» **Problem to work on**: Pull every line from the records that has the word "apart" in it.

» **Dataset content**:
*** Block opens ***

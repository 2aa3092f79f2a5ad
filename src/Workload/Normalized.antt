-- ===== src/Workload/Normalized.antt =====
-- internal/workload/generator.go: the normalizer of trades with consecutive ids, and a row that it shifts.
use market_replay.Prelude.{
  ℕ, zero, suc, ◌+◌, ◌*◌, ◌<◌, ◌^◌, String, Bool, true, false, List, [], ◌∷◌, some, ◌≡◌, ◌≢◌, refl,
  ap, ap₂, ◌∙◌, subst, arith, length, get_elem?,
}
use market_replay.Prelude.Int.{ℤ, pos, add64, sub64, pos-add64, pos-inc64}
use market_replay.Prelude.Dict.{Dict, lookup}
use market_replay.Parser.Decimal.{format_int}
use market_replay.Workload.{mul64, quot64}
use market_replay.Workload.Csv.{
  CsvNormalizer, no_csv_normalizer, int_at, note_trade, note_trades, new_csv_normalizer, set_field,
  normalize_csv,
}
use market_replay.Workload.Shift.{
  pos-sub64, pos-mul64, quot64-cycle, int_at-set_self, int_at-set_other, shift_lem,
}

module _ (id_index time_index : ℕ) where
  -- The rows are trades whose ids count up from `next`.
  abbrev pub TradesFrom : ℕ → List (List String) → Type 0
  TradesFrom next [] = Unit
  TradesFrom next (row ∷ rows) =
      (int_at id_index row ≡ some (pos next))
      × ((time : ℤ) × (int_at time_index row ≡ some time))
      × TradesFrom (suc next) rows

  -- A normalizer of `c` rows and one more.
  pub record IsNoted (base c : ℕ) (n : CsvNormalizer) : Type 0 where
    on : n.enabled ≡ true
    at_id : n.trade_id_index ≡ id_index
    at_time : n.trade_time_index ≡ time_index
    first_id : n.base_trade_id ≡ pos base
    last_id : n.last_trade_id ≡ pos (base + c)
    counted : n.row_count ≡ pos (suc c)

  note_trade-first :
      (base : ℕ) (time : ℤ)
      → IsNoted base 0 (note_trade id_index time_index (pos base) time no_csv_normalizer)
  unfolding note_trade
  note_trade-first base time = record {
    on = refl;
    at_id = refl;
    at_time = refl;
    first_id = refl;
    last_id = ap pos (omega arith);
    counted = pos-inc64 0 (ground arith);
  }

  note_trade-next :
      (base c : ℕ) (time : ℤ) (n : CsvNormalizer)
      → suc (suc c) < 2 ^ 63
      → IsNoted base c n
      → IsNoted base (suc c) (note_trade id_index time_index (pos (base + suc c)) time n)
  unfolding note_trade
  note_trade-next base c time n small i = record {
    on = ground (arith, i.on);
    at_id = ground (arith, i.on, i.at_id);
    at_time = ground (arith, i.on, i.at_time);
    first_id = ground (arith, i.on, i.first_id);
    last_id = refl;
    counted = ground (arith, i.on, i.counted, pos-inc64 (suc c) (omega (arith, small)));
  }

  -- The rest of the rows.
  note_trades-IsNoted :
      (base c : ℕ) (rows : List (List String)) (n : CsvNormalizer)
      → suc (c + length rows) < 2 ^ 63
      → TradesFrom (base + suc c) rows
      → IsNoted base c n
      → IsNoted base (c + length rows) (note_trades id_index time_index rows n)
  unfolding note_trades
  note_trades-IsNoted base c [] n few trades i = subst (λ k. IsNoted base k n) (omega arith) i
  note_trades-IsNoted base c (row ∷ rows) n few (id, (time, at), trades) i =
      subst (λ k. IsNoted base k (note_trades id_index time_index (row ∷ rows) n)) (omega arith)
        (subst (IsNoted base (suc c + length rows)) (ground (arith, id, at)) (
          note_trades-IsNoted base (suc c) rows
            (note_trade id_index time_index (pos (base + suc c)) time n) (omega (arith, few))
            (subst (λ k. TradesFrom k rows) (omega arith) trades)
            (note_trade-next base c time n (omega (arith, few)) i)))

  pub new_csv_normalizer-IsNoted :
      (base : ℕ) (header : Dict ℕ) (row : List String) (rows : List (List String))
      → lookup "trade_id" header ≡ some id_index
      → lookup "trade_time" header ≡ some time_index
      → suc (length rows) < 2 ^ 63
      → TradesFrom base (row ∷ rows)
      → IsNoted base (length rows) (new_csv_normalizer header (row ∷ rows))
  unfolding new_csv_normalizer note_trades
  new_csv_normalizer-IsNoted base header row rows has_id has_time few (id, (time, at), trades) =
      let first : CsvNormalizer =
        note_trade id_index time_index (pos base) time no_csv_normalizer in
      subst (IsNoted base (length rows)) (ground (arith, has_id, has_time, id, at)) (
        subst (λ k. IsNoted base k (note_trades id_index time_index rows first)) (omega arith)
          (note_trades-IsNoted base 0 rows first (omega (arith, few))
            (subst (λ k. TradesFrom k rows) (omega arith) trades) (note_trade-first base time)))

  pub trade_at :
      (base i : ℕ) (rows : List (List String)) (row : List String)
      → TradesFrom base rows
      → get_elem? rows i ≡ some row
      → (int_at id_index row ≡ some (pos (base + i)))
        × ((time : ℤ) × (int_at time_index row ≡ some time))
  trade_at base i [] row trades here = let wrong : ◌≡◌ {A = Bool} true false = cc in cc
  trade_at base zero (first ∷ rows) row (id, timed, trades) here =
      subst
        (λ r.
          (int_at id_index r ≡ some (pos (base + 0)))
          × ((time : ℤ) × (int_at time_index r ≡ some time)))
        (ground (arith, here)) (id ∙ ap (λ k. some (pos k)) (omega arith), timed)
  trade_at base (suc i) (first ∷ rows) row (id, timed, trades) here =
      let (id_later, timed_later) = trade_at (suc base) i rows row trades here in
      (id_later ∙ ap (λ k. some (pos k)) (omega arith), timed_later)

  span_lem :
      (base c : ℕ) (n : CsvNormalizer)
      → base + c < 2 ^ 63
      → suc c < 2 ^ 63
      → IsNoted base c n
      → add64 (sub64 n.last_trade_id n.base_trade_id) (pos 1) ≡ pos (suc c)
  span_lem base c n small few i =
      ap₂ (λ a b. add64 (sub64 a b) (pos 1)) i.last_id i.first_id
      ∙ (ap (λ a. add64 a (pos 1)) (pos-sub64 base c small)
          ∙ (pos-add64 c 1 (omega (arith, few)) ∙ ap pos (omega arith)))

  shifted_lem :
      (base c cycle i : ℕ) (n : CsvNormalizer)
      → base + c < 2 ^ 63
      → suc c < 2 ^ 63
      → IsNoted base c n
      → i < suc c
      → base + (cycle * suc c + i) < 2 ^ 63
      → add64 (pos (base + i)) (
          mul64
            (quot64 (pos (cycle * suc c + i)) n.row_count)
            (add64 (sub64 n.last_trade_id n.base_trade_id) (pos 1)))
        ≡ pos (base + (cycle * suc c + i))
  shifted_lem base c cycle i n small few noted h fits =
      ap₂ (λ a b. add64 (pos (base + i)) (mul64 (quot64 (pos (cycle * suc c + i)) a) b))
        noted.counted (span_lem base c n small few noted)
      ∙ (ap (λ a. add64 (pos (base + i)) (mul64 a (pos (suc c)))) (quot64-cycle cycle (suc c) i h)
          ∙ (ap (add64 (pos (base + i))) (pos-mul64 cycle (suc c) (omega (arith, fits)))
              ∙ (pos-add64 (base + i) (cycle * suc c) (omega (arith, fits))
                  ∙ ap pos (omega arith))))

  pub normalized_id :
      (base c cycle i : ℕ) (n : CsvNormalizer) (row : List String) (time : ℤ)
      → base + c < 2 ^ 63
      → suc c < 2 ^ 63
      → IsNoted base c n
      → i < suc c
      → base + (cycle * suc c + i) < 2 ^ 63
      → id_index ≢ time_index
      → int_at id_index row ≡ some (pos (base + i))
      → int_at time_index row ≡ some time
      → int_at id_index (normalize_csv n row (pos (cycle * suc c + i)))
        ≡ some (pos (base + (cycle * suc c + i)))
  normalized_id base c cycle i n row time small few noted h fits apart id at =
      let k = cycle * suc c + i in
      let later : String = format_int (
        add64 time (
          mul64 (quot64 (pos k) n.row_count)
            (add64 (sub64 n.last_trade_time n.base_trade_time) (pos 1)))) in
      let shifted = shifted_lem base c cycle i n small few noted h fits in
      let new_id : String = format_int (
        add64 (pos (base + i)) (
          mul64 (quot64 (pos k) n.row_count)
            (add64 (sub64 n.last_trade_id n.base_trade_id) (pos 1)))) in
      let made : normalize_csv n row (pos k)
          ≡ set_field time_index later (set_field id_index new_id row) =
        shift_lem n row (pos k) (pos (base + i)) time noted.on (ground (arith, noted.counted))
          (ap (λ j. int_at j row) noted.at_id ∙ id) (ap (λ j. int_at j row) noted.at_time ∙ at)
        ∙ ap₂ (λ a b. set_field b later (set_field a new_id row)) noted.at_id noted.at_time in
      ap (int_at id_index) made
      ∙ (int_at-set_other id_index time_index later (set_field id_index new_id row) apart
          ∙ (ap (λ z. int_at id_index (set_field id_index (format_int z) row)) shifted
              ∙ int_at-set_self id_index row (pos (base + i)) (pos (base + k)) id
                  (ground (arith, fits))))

*** Block closes ***

» **Answer for this exercise**:
  normalized_id base c cycle i n row time small few noted h fits apart id at =
      ∙ (int_at-set_other id_index time_index later (set_field id_index new_id row) apart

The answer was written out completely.